オリジナル4ビットCPUを用いてバイナリコードを学ぶ本連載。第9回では、プログラミング演習の定番であるLチカを題材にバイナリコードを動かしてみる。
前回に引き続き、オリジナル4ビットCPU「DL166」を用いたバイナリプログラミングの演習をはじめます。「たかがLチカされどLチカ」と題して、LEDのさまざまな点滅(Lチカ)のさせ方に挑戦してみたいと思います。
⇒連載「オリジナルCPUでバイナリコード入門」バックナンバー
「Tang Nano 9K(以下、Tang Nano)」にLEDドットマトリクスを搭載したものを用います。連載第4回記事『新たな教材となる「Tang Nano 9K」を使ってLEDマトリクスを制御する』を参考にしてください。また、LEDマトリクスの見方は連載第8回「2行で書けるバイナリコードを動かしてみよう」が参考になります。
Tang Nano搭載のFPGAの製造元であるGOWIN SemiconductorのIDE(統合開発環境)も必要です。インストール時にドキュメントがダウンロードされますのでそれを参考にしてください。これらのドキュメントには日本語版も含まれています
本記事で紹介するVerilog-HDLを用いたサンプルコードは以下のGitHubのリポジトリから入手したください。
⇒DL166の命令セットのプロジェクトがあるGitHubのリポジトリはこちら
また、本記事で紹介するサンプルコードにおけるの命令セットの意味や使い方は、DL166の仕様を紹介した連載第1回記事『オリジナル4ビットCPU「DL166」はプログラミングの基礎学習に最適』を参考にしてください。
これまでの連載において、Tang Nanoに装着したLEDドットマトリクスで表示していたのはDL166の内部の8個のレジスタの値でした。まずは、これを利用してLチカプログラムのblink1.asm(リスト1)を作ってみましょう。
ram[0] <=8'b1010_0001; // mvi R0,1 ram[1] <=8'b1010_0000; // mvi R0,0 ram[2] <=8'b1001_0000; // jmp 0
ramの0番地にmvi R0,1を意味する1010_0001を代入しています。この命令ではレジスタR0に1を入れます。2進表記の1010_0001の“_(アンダーバー)”は、ビット列の区切りを見やすくするためのものであってもなくても大丈夫です。この例だと、1010がmviを示しアンダーバーの後の0001はR0に代入する値となります。最初の4桁が命令セットでいうところのオペレーターで後の4桁がオペランドとなります。オペレーターはCPUに何をさせるかを指示するもので、オペランドはその命令を実行するための値となります。
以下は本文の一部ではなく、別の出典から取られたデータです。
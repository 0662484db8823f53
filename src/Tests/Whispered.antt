-- ===== src/Tests/Whispered.antt =====
-- The local transcription at concrete inputs.
use agent_voca.Prelude.{true, false, none, some, List, [], ◌∷◌, ◌++◌, ◌≡◌, refl}
use agent_voca.Text.{ascii, codes, lower}
use agent_voca.Machine.{transcribing}
use agent_voca.Orchestrator.{Env, Orch, returned, keyboard}
use agent_voca.Orchestrator.Streaming.{Stream}
use agent_voca.Chunker.{get_delta, tick, add_audio, publish}
use agent_voca.Chunker
use agent_voca.Chunker.Deltas.{Happening, arrives, wakes}
use agent_voca.Whisper
use agent_voca.Whisper.{
  Library, Settings, Provider, Model, auto, cuda, float16, default_type, heard, inference_error,
  failed, asr_error, mentions, inference_keywords, has_infix, get_streaming_model,
}
use agent_voca.Whisper.Transcribe.{frombuffer, language_of, is_cuda_error, transcribe_audio}
use agent_voca.Whisper.Streaming.{Arrival, join_chunks, stream_transcribe}
use agent_voca.Whisper.Streaming.Closed.{IsClosed, stream_transcribe-IsClosed}
use agent_voca.Whisper.Fallback.{IsOnCpu}
use agent_voca.Whisper.Fallback.Settled.{
  run, warming, transcribing as transcribing_again, transcribe_audio-settles,
}

-- Every model loads and hears two words.
abbrev library : Library
library = record {
  supported = λ device. none;
  load = λ n size device compute. none;
  infer = λ n fast model audio language. heard (codes " hi" ∷ codes " you" ∷ []) (codes "en");
}

abbrev settings : Settings
settings = record {
  model = none;
  streaming = true;
  streaming_model = none;
  streaming_window_s = 8;
  language_hint = none;
  device = auto;
  compute_type = default_type;
}

abbrev env : Env
env = record {
  streaming_enabled = true;
  pipelined_cleanup_enabled = true;
  style = codes "casual";
  preserve_code = false;
  fallback_enabled = true;
  transcribe = λ n a rate. returned [];
  cleanup_available = true;
  rewrite = λ n t c. returned t;
  insert = λ t. returned (record { success = true; method_used = keyboard; error = none });
  undo_last = returned true;
  clipboard_insert =
      λ t. returned (record { success = true; method_used = keyboard; error = none });
  commands = none;
  context = none;
  vision = none;
  now_ms = 0;
}

abbrev orch : Orch
orch = record {
  state = transcribing;
  last_transcript = none;
  current_transcript = none;
  current_audio_bytes = some (1 ∷ []);
  current_sample_rate = 16000;
  current_duration_ms = 900;
  cleanup_success = false;
  vocab = record { terms = []; mappings = []; casing = []; pattern = [] };
  snippets = record { snippets = []; pattern = [] };
  adaptive_store = none;
  potential_wrong_term = none;
  undo_timestamp = 0;
  resolved_style = none;
  resolved_app_name = none;
  resolved_language = none;
  stream_active = true;
  stream_final_segment = none;
  cleaned_segments = [];
  in_flight = [];
  error_timer = false;
  published = [];
  spawned = [];
}

abbrev stream : Stream
stream = record {
  orch = orch;
  queue = [];
  final_ready = false;
  cleanup_tasks = [];
  languages = [];
  events = [];
}

-- One sample, in two pieces.
abbrev happenings : List Happening
happenings = arrives (1 ∷ 2 ∷ []) ∷ wakes (3 ∷ []) ∷ arrives (4 ∷ []) ∷ []

abbrev waiting : Stream
waiting = record stream { orch = record orch { stream_active = false } }

-- At two samples a second every sample is long enough for a preview.
abbrev arrivals : List Arrival
arrivals =
    record { chunk = 1 ∷ 2 ∷ 3 ∷ 4 ∷ []; is_done = false }
    ∷ record { chunk = 5 ∷ 6 ∷ 7 ∷ 8 ∷ []; is_done = true }
    ∷ []

stream_transcribe-IsClosed_example :
    let r = stream_transcribe ascii library settings arrivals true 2 none (Whisper.init settings) in
    IsClosed ascii library settings
      (join_chunks arrivals)
      (language_of settings none)
      r.failure
      r.yields
stream_transcribe-IsClosed_example =
    stream_transcribe-IsClosed ascii library settings arrivals true 2 none (Whisper.init settings)
      refl

-- Every inference fails on the GPU.
abbrev broken : Library
broken = record library {
  infer = λ n fast model audio language. inference_error (codes "CUDA error: out of memory");
}

abbrev on_cuda : Model
on_cuda = record { size = codes "base"; device = cuda; compute_type = float16 }

abbrev loaded : Provider
loaded = record (Whisper.init settings) { model = some on_cuda }

transcribe_audio-settles_example :
    ((transcribe_audio ascii broken settings (1 ∷ 2 ∷ 3 ∷ 4 ∷ []) none loaded).0
      ≡ failed (
          asr_error
            (codes "Faster-Whisper transcription failed: " ++ codes "CUDA error: out of memory")))
    × IsOnCpu (
        run ascii broken settings
          (warming ∷ transcribing_again (1 ∷ []) none ∷ [])
          (transcribe_audio ascii broken settings (1 ∷ 2 ∷ 3 ∷ 4 ∷ []) none loaded).1)
unfolding frombuffer is_cuda_error has_infix lower ascii
transcribe_audio-settles_example =
    transcribe_audio-settles ascii broken settings (1 ∷ 2 ∷ 3 ∷ 4 ∷ []) none loaded on_cuda
      (codes "CUDA error: out of memory") (warming ∷ transcribing_again (1 ∷ []) none ∷ []) refl
      refl refl refl refl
次はramの1番地にmvi R0,1を意味する1010_0000を代入しています。この命令はレジスタR0に0を入れます。次はramの2番地にjmp 0を意味する1001_0000を代入します。この命令は実行を0番地に戻します。プログラムとしてはmvi R0,1とmvi R0,0を繰り返す動作となります。
それでは、実際に動かしてみましょう。/src/instructions.vの29〜31行目をリスト2のように書き換えてから、GOWINのIDEでSynthesizeとPlace & Route、そして最後にProgram DeviceでTang Nanoの評価モジュールに書き込んでください。
initial begin `include "blink1.asm" end
評価モジュールのUSBポートを左に向けた状態で、LEDドットマトリクスの最上段左端のLEDが点滅していませんか(図1)。ただし、LEDの光っている時間と消えている時間が同じではないですよね。
なぜこうなっているかというと、途中でjmp 0命令を実行するのにもう1クロック分の時間が必要なので、LEDが光っている時間が1クロックであるのに対して消えている時間が2クロックになっているからです。今回のDL166の実装では1クロックが約1秒になっています。ちなみに図1ではレジスタR0が1になってLEDが光っています。
なお、LEDドットマトリックスの最下段左端のLEDも光っているのですが、これはレジスタR7のプログラムカウンタの値です。